Provided material »
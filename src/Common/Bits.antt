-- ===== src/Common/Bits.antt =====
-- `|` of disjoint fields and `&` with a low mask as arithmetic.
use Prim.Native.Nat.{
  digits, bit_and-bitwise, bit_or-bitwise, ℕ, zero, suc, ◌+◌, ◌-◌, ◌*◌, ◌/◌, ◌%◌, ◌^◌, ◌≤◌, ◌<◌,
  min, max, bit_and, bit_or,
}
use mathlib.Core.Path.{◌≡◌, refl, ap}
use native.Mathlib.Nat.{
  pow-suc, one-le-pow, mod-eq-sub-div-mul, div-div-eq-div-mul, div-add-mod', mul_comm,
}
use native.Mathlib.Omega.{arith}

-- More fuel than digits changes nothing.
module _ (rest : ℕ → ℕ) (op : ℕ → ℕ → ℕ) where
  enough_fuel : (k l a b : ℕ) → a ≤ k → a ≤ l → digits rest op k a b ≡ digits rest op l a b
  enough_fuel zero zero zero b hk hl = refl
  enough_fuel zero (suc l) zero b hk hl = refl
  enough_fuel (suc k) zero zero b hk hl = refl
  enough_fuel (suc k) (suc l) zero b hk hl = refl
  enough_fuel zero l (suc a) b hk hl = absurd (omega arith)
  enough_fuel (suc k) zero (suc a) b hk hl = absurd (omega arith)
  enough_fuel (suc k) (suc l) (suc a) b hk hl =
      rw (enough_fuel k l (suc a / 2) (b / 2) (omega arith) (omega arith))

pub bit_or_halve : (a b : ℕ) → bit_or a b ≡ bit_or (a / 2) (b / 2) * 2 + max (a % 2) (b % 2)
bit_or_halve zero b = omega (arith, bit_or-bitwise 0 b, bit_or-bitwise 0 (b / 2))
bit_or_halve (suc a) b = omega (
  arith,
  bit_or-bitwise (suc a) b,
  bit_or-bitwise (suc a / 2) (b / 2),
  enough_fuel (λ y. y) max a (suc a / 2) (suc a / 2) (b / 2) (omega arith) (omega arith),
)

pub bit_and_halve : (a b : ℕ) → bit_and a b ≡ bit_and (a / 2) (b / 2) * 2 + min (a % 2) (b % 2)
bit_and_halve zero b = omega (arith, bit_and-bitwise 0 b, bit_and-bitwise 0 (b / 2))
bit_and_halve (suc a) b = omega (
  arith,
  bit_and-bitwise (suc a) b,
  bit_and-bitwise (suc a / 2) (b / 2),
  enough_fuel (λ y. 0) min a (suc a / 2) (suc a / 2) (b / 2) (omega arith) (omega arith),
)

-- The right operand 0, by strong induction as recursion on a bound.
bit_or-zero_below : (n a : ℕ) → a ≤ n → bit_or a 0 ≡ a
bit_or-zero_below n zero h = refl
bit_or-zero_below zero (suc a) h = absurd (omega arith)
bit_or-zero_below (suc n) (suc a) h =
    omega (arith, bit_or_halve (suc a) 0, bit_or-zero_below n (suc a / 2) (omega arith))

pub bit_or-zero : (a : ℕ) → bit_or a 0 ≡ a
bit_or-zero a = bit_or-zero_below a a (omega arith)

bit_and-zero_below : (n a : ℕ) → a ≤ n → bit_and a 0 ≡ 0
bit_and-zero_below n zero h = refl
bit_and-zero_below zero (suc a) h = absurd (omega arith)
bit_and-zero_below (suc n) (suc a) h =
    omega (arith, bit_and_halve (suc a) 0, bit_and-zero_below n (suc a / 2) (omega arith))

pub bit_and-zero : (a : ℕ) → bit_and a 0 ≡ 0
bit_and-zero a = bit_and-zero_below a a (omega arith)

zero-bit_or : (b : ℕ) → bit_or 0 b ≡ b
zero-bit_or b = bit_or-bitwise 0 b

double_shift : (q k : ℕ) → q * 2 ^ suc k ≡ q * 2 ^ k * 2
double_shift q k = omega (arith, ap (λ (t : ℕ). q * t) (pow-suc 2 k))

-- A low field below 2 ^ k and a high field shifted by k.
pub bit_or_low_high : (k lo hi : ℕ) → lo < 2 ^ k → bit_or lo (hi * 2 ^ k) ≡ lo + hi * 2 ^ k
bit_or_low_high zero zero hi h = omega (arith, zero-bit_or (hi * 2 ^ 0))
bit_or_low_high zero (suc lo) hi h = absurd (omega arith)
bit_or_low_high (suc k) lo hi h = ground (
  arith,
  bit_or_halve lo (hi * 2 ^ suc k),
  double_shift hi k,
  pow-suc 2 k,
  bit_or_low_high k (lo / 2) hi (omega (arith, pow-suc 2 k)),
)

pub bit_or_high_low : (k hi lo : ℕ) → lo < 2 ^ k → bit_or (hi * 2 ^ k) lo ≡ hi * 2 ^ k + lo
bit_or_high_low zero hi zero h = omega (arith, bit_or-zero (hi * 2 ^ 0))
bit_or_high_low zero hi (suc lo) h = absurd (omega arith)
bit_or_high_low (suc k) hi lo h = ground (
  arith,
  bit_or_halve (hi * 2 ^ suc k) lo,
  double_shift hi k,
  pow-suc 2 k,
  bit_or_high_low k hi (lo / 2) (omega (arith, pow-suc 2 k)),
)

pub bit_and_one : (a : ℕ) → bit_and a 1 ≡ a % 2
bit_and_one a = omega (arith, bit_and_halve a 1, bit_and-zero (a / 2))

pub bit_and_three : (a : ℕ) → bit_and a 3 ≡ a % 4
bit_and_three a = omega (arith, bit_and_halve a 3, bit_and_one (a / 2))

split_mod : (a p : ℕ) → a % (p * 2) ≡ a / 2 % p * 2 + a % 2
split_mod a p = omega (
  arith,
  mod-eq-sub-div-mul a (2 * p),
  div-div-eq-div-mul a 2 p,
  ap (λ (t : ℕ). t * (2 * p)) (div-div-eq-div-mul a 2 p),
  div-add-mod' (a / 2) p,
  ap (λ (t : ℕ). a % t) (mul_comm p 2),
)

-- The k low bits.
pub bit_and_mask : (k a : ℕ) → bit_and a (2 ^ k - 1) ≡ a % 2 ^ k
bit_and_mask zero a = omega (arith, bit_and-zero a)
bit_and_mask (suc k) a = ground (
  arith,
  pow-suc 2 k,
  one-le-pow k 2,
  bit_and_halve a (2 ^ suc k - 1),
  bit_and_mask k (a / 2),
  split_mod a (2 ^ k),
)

What to work on »
Retype only this portion of the data above: the line containing "pub bit_or_halve : (a", the line containing "bit_or-zero_below zero (suc", and all lines between them, exactly.

Answer for this exercise »
pub bit_or_halve : (a b : ℕ) → bit_or a b ≡ bit_or (a / 2) (b / 2) * 2 + max (a % 2) (b % 2)
bit_or_halve zero b = omega (arith, bit_or-bitwise 0 b, bit_or-bitwise 0 (b / 2))
bit_or_halve (suc a) b = omega (
  arith,
  bit_or-bitwise (suc a) b,
  bit_or-bitwise (suc a / 2) (b / 2),
  enough_fuel (λ y. y) max a (suc a / 2) (suc a / 2) (b / 2) (omega arith) (omega arith),
)

pub bit_and_halve : (a b : ℕ) → bit_and a b ≡ bit_and (a / 2) (b / 2) * 2 + min (a % 2) (b % 2)
bit_and_halve zero b = omega (arith, bit_and-bitwise 0 b, bit_and-bitwise 0 (b / 2))
bit_and_halve (suc a) b = omega (
  arith,
  bit_and-bitwise (suc a) b,
  bit_and-bitwise (suc a / 2) (b / 2),
  enough_fuel (λ y. 0) min a (suc a / 2) (suc a / 2) (b / 2) (omega arith) (omega arith),
)

-- The right operand 0, by strong induction as recursion on a bound.
bit_or-zero_below : (n a : ℕ) → a ≤ n → bit_or a 0 ≡ a
bit_or-zero_below n zero h = refl
bit_or-zero_below zero (suc a) h = absurd (omega arith)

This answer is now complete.